LeConcombreMaske a dit:
			
		

> tiens, un ptit truc que j'ai pas sorti depuis longtemps et qui me parait, là, parfaitement approprié... c'est cadeau... si si, ça me fait plaisir



Et copier coller des citations, c'est une grande richesse ? :rateau:


----------



## LeConcombreMaske (8 Mars 2005)

abba zaba a dit:
			
		

> Et copier coller des citations, c'est une grande richesse ? :rateau:



tu devrais quand même la lire...


----------



## Macounette (8 Mars 2005)

Malow a dit:
			
		

> La journée de la femme, ou plutot devrions nous dire La journée des femmes!
> Mais lesquelles?  (...)


_Vous avez distribué trop de points de réputation ces dernières 24 heures, essayez plus tard_

zut.  :love:


----------



## abba zaba (8 Mars 2005)

LeConcombreMaske a dit:
			
		

> pas mieux


----------



## nato kino (8 Mars 2005)

jahrom a dit:
			
		

> C'est à dire que "bande de connes" ça passerai mieux dans un bar... :casse:



Je sais que la chasse à courre vient d'être interdite en angleterre mais ce n'est pas une raison pour ne pas faire un effort.


----------



## rezba (8 Mars 2005)

je hais les ordis a dit:
			
		

> fais le toi-même superman.... bah alors je vous fais pas rire ????






			
				je hais les ordis a dit:
			
		

> c'est de l'abus de pouvoir.....vous avez posé une question et je repond que je trouve pas ca si con la journée de la femme....peut être que la forme ne vous plait pas, j'en conviens je manque de délicatesse...ce nn'est pas trés grave et il ne faut pas tout prendre au pied de la lettre.....d'ailleurs sur le fond j'ai raison.
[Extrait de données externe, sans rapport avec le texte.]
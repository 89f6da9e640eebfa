-- ===== src/Normalize/Title/Stable.antt =====
-- `ParseTitle` on a title that it has normalized.
use devsignal.Prelude.{
  ℕ, ◌≡◌, refl, ap, ◌∙◌, false, inl, inr, Bool-cases, [], ◌∷◌, map, All, All-map, arith, ltb,
}
use devsignal.Prelude.Text.{Text, to_lower, to_lower_rune, is_empty}
use devsignal.Normalize.Title.{replaced, normalize_space, parse_normalized, parse_title}
use devsignal.Normalize.Title.Spaces.{map_fixed, spaced, spaced-spaced, All-spaced}

-- What the code relies on of Go's table: a lower case letter is its own lower case.
abbrev pub IsSettled : (ℕ → ℕ) → Type 0
IsSettled unicode = (c : ℕ) → ltb c 128 ≡ false → to_lower_rune unicode (unicode c) ≡ unicode c

module _ (unicode : ℕ → ℕ) (settled : IsSettled unicode) where
  abbrev IsKept : ℕ → Type 0
  IsKept c = (to_lower_rune unicode c ≡ c) × (replaced c ≡ c)

  lower_twice : (c : ℕ) → to_lower_rune unicode (to_lower_rune unicode c) ≡ to_lower_rune unicode c
  unfolding to_lower_rune
  lower_twice c = elim (Bool-cases (ltb c 128)) [
    | inl e ↦ ground arith
    | inr e ↦ rw e (settled c e)
  ]

  replaced_cases : (c : ℕ) → to_lower_rune unicode c ≡ c → IsKept (replaced c)
  unfolding replaced to_lower_rune
  replaced_cases c h = ground arith

  IsKept-space : IsKept 32
  unfolding replaced to_lower_rune
  IsKept-space = (refl, refl)

  All-IsKept : (raw : Text) → All IsKept (normalize_space (to_lower unicode raw))
  unfolding normalize_space spaced to_lower
  All-IsKept raw =
      All-spaced IsKept (map replaced (map (to_lower_rune unicode) raw)) IsKept-space
        (kept_text raw)
    where
      kept_text : (s : Text) → All IsKept (map replaced (map (to_lower_rune unicode) s))
      kept_text [] = tt
      kept_text (c ∷ s) = (replaced_cases (to_lower_rune unicode c) (lower_twice c), kept_text s)

  normalize_again :
      (raw : Text)
      → let s = normalize_space (to_lower unicode raw) in normalize_space (to_lower unicode s) ≡ s
  unfolding normalize_space spaced to_lower
  normalize_again raw =
      let s = normalize_space (to_lower unicode raw) in
      let kept = All-IsKept raw in
      let lowered =
        map_fixed (to_lower_rune unicode) s
          (All-map (λ c. IsKept c) (λ c. to_lower_rune unicode c ≡ c) s (λ c h. h.0) kept) in
      let replaced_same =
        map_fixed replaced s (All-map (λ c. IsKept c) (λ c. replaced c ≡ c) s (λ c h. h.1) kept) in
      ap (λ t. spaced (map replaced t)) lowered
      ∙ ap spaced replaced_same
      ∙ spaced-spaced (map replaced (to_lower unicode raw))

  normalized_lem : (n : Text) → (parse_normalized n).normalized ≡ n
  unfolding parse_normalized
  normalized_lem n = elim (Bool-cases (is_empty n)) [ inl e ↦ rw e refl | inr e ↦ rw e refl ]

  -- ParseTitle is idempotent: parsing the normalized form of a title gives what parsing the title
  -- gave, where no lower case letter of Go's table has another lower case.
  pub parse_title-parse_title :
      (raw : Text)
      → parse_title unicode (parse_title unicode raw).normalized ≡ parse_title unicode raw
  unfolding parse_title
  parse_title-parse_title raw =
      ap (λ n. parse_normalized (normalize_space (to_lower unicode n)))
        (normalized_lem (normalize_space (to_lower unicode raw)))
      ∙ ap parse_normalized (normalize_again raw)
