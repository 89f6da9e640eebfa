-- ===== src/Normalize/Location/Scope.antt =====
-- What becomes of the countries of a location.
use mathlib.Core.List.{reverse, reverse-append}
use devsignal.Prelude.{
  ℕ, ◌+◌, ◌≤◌, ◌≡◌, ◌≢◌, refl, false, inl, inr, Bool-cases, Option, none, List, [], ◌∷◌, length,
  length-append, arith,
}
use devsignal.Prelude.Text.{Text, to_lower, is_empty}
use devsignal.Normalize.Title.{normalize_space}
use devsignal.Normalize.Location.{
  WorkMode, unstated, remote, hybrid, onsite, Found, text_lt, sift, sort_from, sorted_strings,
  look_up, fragments_from, mode_of, single, city_of, nowhere, settle_mode, located,
  parse_normalized, parse_location,
}

length-sift : (x : Text) (rev : List Text) → length (sift x rev) ≡ length rev + 1
unfolding sift
length-sift x [] = omega arith
length-sift x (y ∷ rev) = elim (Bool-cases (text_lt x y)) [
  | inl e ↦ rw e (omega (arith, length-sift x rev))
  | inr e ↦ rw e (omega arith)
]

length-sort_from : (rev xs : List Text) → length (sort_from rev xs) ≡ length rev + length xs
unfolding sort_from
length-sort_from rev [] = omega arith
length-sort_from rev (x ∷ xs) = omega (arith, length-sift x rev, length-sort_from (sift x rev) xs)

length-reverse : (xs : List Text) → length (reverse xs) ≡ length xs
length-reverse [] = refl
length-reverse (x ∷ xs) =
    rw (reverse-append (x ∷ []) xs)
      (omega (arith, length-append (reverse xs) (x ∷ []), length-reverse xs))

length-sorted_strings : (xs : List Text) → length (sorted_strings xs) ≡ length xs
unfolding sorted_strings
length-sorted_strings xs = omega (arith, length-reverse (sort_from [] xs), length-sort_from [] xs)

single-none : (xs : List Text) → 2 ≤ length xs → single xs ≡ none
single-none [] h = absurd (omega arith)
single-none (x ∷ []) h = absurd (omega arith)
single-none (x ∷ y ∷ xs) h = refl

settle_stated :
    (mode : WorkMode) (country city : Option Text) (scope : List Text)
    → mode ≢ unstated
    → settle_mode mode country city scope
      ≡ record { work_mode = mode; country = country; city = city; geo_scope = scope }
unfolding settle_mode
settle_stated unstated country city scope h = absurd (h refl)
settle_stated remote country city scope h = refl
settle_stated hybrid country city scope h = refl
settle_stated onsite country city scope h = refl

lost :
    (title : ℕ → ℕ) (mode : WorkMode) (f : Found)
    → mode ≡ unstated
    → f.other ≡ []
    → 2 ≤ length f.order
    → located title mode f ≡ nowhere
unfolding located settle_mode
lost title mode f m o h =
    let many : 2 ≤ length (sorted_strings f.order) =
      omega (arith, length-sorted_strings f.order, h) in
    rw (m, o, single-none (sorted_strings f.order) many) refl

-- What ParseLocation makes of the countries that it recognises in a text that is not blank. Where the
-- text states a work mode, the scope is all of them in order, and the country is the only one, if
-- there is only one. Where it states none and consists of two countries or more, nothing is left: no
-- scope, no country, no work mode.
pub scope_by_mode :
    (unicode title : ℕ → ℕ) (raw : Text)
    → let s = normalize_space (to_lower unicode raw) in
      let f = look_up (fragments_from [] s) (record { order = []; other = [] }) in
      let scope = sorted_strings f.order in
      is_empty s ≡ false
      → (mode_of s ≢ unstated
          → parse_location unicode title raw ≡ record {
            work_mode = mode_of s;
            country = single scope;
            city = city_of title f.other;
            geo_scope = scope;
          })
        × (mode_of s ≡ unstated
            → f.other ≡ []
            → 2 ≤ length f.order
            → parse_location unicode title raw ≡ nowhere)
unfolding parse_location parse_normalized located
scope_by_mode unicode title raw filled =
    let s = normalize_space (to_lower unicode raw) in
    let f = look_up (fragments_from [] s) (record { order = []; other = [] }) in
    let scope = sorted_strings f.order in
    (
      (λ stated.
          rw filled
            (settle_stated (mode_of s) (single scope) (city_of title f.other) scope stated)),
      (λ m o h. rw filled (lost title (mode_of s) f m o h)),
    )
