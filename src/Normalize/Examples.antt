-- ===== src/Normalize/Examples.antt =====
-- The theorems about internal/normalize at concrete titles and locations, and tests of its functions.
use mathlib.Core.List.{Perm}
use devsignal.Prelude.{ℕ, ◌≡◌, refl, true, none, some, [], ◌∷◌, bytes, arith}
use devsignal.Prelude.Text.{
  to_lower_rune, text_eq, is_space, join, fields, to_lower, has_word, drop_while, has_prefix,
  trim_space, contains,
}
use devsignal.Normalize.Title.{
  intern, parse_title, first_match, contains_any, management_needles, seniority_rules,
  normalize_space,
}
use devsignal.Normalize.Title.Stable.{IsSettled, parse_title-parse_title}
use devsignal.Normalize.Location.{
  remote, nowhere, parse_normalized, located, mode_of, look_up, fragments_from, country_of,
  sort_out, parse_location, sorted_strings, strip_mode_words,
}
use devsignal.Normalize.Location.Sorting.{IsSorted, sorted_strings_lem}
use devsignal.Normalize.Location.Scope.{scope_by_mode}

abbrev same : ℕ → ℕ
same c = c

same-IsSettled : IsSettled same
unfolding to_lower_rune
same-IsSettled c h = ground arith

parse_title-parse_title_example :
    parse_title same (parse_title same (bytes " Senior  GO\tEngineer")).normalized
    ≡ parse_title same (bytes " Senior  GO\tEngineer")
parse_title-parse_title_example =
    parse_title-parse_title same same-IsSettled (bytes " Senior  GO\tEngineer")

-- A contractor is not a manager, but the needle "cto" occurs in the word.
contractor_test : contains_any (bytes " contractor ") management_needles ≡ true
unfolding contains_any
contractor_test = refl

-- The needle "intern" occurs in "internal".
internal_test : first_match (bytes " internal tools engineer ") seniority_rules ≡ some intern
unfolding first_match
internal_test = refl

-- The prefix "remote" comes off, though nothing separates it from the rest.
remoteville_test : strip_mode_words (bytes "remoteville") ≡ bytes "ville"
unfolding strip_mode_words text_eq is_space
remoteville_test = refl

sorted_strings_lem_example :
    IsSorted (sorted_strings (bytes "US" ∷ bytes "CA" ∷ bytes "GB" ∷ []))
    × Perm
        (sorted_strings (bytes "US" ∷ bytes "CA" ∷ bytes "GB" ∷ []))
        (bytes "US" ∷ bytes "CA" ∷ bytes "GB" ∷ [])
sorted_strings_lem_example = sorted_strings_lem (bytes "US" ∷ bytes "CA" ∷ bytes "GB" ∷ [])

-- Two countries without a work mode.
scope_by_mode_example : parse_location same same (bytes "Canada / USA") ≡ nowhere
unfolding normalize_space join fields to_lower mode_of look_up fragments_from strip_mode_words
    text_eq country_of has_word
scope_by_mode_example =
    (scope_by_mode same same (bytes "Canada / USA") refl).1 refl refl (omega arith)

remote_test : parse_location same same (bytes "Remote, Canada / USA") ≡ record {
  work_mode = remote;
  country = none;
  city = none;
  geo_scope = bytes "CA" ∷ bytes "US" ∷ [];
}
unfolding parse_location parse_normalized normalize_space join fields to_lower located mode_of
    sorted_strings look_up fragments_from strip_mode_words country_of sort_out text_eq has_word
    drop_while has_prefix trim_space contains
remote_test = refl
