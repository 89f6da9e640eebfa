-- ===== src/Pipeline.antt =====
-- The work queue and state machine of internal/pipeline: the states, the rows and the queries of
-- internal/store/pipeline.sql.go, the queue that calls them and the worker that drives it.
pub mod State
pub mod Row
pub mod Table
pub mod Queue
pub mod Ops
pub mod Worker
mod Examples
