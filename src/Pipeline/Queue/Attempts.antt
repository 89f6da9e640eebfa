-- ===== src/Pipeline/Queue/Attempts.antt =====
-- `Fail`: what a recorded failure does to the row, and how failures end.
use devsignal.Prelude.{
  ℕ, suc, ◌+◌, ◌≤◌, ◌<◌, ◌≡◌, true, none, some, List, [], ◌∷◌, length, arith, leb, if◌then◌else◌,
  ap, ◌∙◌,
}
use devsignal.Prelude.Int.{ℤ}
use devsignal.Pipeline.State.{State, failed_permanent}
use devsignal.Pipeline.Row.{Row, FailAttemptParams, claimable, claim_row, fail_row, stamped}
use devsignal.Pipeline.Row.Keys.{id-fail_row}
use devsignal.Pipeline.Table.{Table, find_row}
use devsignal.Pipeline.Table.Lookup.{find_row-map, find_row-id}
use devsignal.Pipeline.Queue.{Config, Item, pg_interval, backoff, truncate, fail}

-- The row after a failure that was recorded at `now`.
abbrev pub failed_at : Config → ℤ → Item → List ℕ → ℕ → Row → Row
failed_at cfg overflow it cause now r = stamped now r (record r {
  last_error = some (truncate 2000 cause);
  lease_until = none;
  next_attempt_at = now + pg_interval (backoff cfg overflow it.attempts);
  state = if leb cfg.max_attempts r.attempts then failed_permanent else r.state;
})

module _ (cfg : Config) (overflow : ℤ) (it : Item) (cause : List ℕ) (now : ℕ) where
  params : FailAttemptParams
  params = record {
    err = truncate 2000 cause;
    backoff = pg_interval (backoff cfg overflow it.attempts);
    max_attempts = cfg.max_attempts;
    id = it.id;
  }

  fail_row-at :
      (r : Row) → r.id ≡ it.id → fail_row params now r ≡ failed_at cfg overflow it cause now r
  unfolding params fail_row
  fail_row-at r h = ground arith

  pub find_row-fail :
      (t : Table) (r : Row)
      → find_row it.id t ≡ some r
      → find_row it.id (fail cfg overflow it cause (record { now = now; up = true }) t).0
        ≡ some (failed_at cfg overflow it cause now r)
  unfolding fail params
  find_row-fail t r h =
      rw (find_row-map (fail_row params now) it.id t (λ s. id-fail_row s params now), h)
        (ap some (fail_row-at r (find_row-id it.id t r h)))

  -- A failure takes the lease away from whoever holds it. Fail checks no version: for a row below
  -- the limit on attempts and not merged away, a failure that any worker reports under the row's
  -- key leaves the row claimable again in its state once the backoff has passed, even while
  -- another worker's lease on it still runs.
  pub fail_frees_lease :
      (t : Table) (r : Row) (later : ℕ)
      → find_row it.id t ≡ some r
      → r.merged_into ≡ none
      → r.attempts < cfg.max_attempts
      → now + pg_interval (backoff cfg overflow it.attempts) ≤ later
      → (r' : Row) × (find_row it.id
            (fail cfg overflow it cause (record { now = now; up = true }) t).0
          ≡ some r')
        × (claimable later r.state r' ≡ true)
  unfolding claimable
  fail_frees_lease t r later h open_row few le =
      (failed_at cfg overflow it cause now r, find_row-fail t r h, ground arith)

-- One attempt: a claim of the row and a recorded failure.
pub record Attempt : Type 0 where
  pub claimed_at : ℕ
  pub lease : ℕ
  pub failed_at : ℕ
  pub backoff : ℕ
  pub err : List ℕ

abbrev pub attempt : ℕ → Attempt → Row → Row
attempt max_attempts a r =
    fail_row (record { err = a.err; backoff = a.backoff; max_attempts = max_attempts; id = r.id })
      a.failed_at (claim_row (r.id ∷ []) a.lease a.claimed_at r)

abbrev pub attempts : ℕ → List Attempt → Row → Row
attempts max_attempts [] r = r
attempts max_attempts (a ∷ more) r = attempts max_attempts more (attempt max_attempts a r)

attempt_lem :
    (max_attempts : ℕ) (a : Attempt) (r : Row)
    → ((attempt max_attempts a r).attempts ≡ r.attempts + 1)
      × ((attempt max_attempts a r).state
          ≡ (if leb max_attempts (r.attempts + 1) then failed_permanent else r.state))
unfolding fail_row claim_row
attempt_lem max_attempts a r = (ground arith, ground arith)

parked_or_kept :
    (max_attempts n : ℕ) (r s : Row)
    → s.attempts ≡ r.attempts + 1
    → s.state ≡ (if leb max_attempts (r.attempts + 1) then failed_permanent else r.state)
    → ◌≡◌ {A = State}
        (if leb max_attempts (s.attempts + suc n) then failed_permanent else s.state)
        (if leb max_attempts (r.attempts + suc (suc n)) then failed_permanent else r.state)
parked_or_kept max_attempts n r s a e = ground arith

-- Failing is finite: a row that is claimed and fails again and again, with nothing else in between,
-- keeps its state while its attempts stay below the limit, and is parked by the failure at which
-- they reach it.
pub attempts_end :
    (max_attempts : ℕ) (a : Attempt) (more : List Attempt) (r : Row)
    → ((attempts max_attempts (a ∷ more) r).attempts ≡ r.attempts + length (a ∷ more))
      × ((attempts max_attempts (a ∷ more) r).state ≡ (
          if leb max_attempts (r.attempts + length (a ∷ more)) then failed_permanent else r.state))
attempts_end max_attempts a [] r = attempt_lem max_attempts a r
attempts_end max_attempts a (b ∷ more) r =
    let (now, state) = attempt_lem max_attempts a r in
    let (counted, ended) = attempts_end max_attempts b more (attempt max_attempts a r) in
    (
      omega arith,
      ended ∙ parked_or_kept max_attempts (length more) r (attempt max_attempts a r) now state,
    )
Bon, ça suffit, maintenant.
"je hais les ordis", je t'ai demandé d'éditer et de corriger ton post, parce que le "bande de cons" qui le ponctuait n'étant accompagné d'aucun signe d'ironie quelconque, était à prendre et à lire au premier degré. En conséquence de quoi, c'était une injure aux posteurs qui te précédaient.
Je t'invitais donc, soit a introduire la marque d'un degré d'humour qui l'aurait rendu acceptable, soit à faire amende honorable et à l'effacer.
Non seulement tu ne le fais pas, mais tu insistes.
Alors je vais t'apprendre deux ou trois petits trucs sur comment fonctionne ce forum.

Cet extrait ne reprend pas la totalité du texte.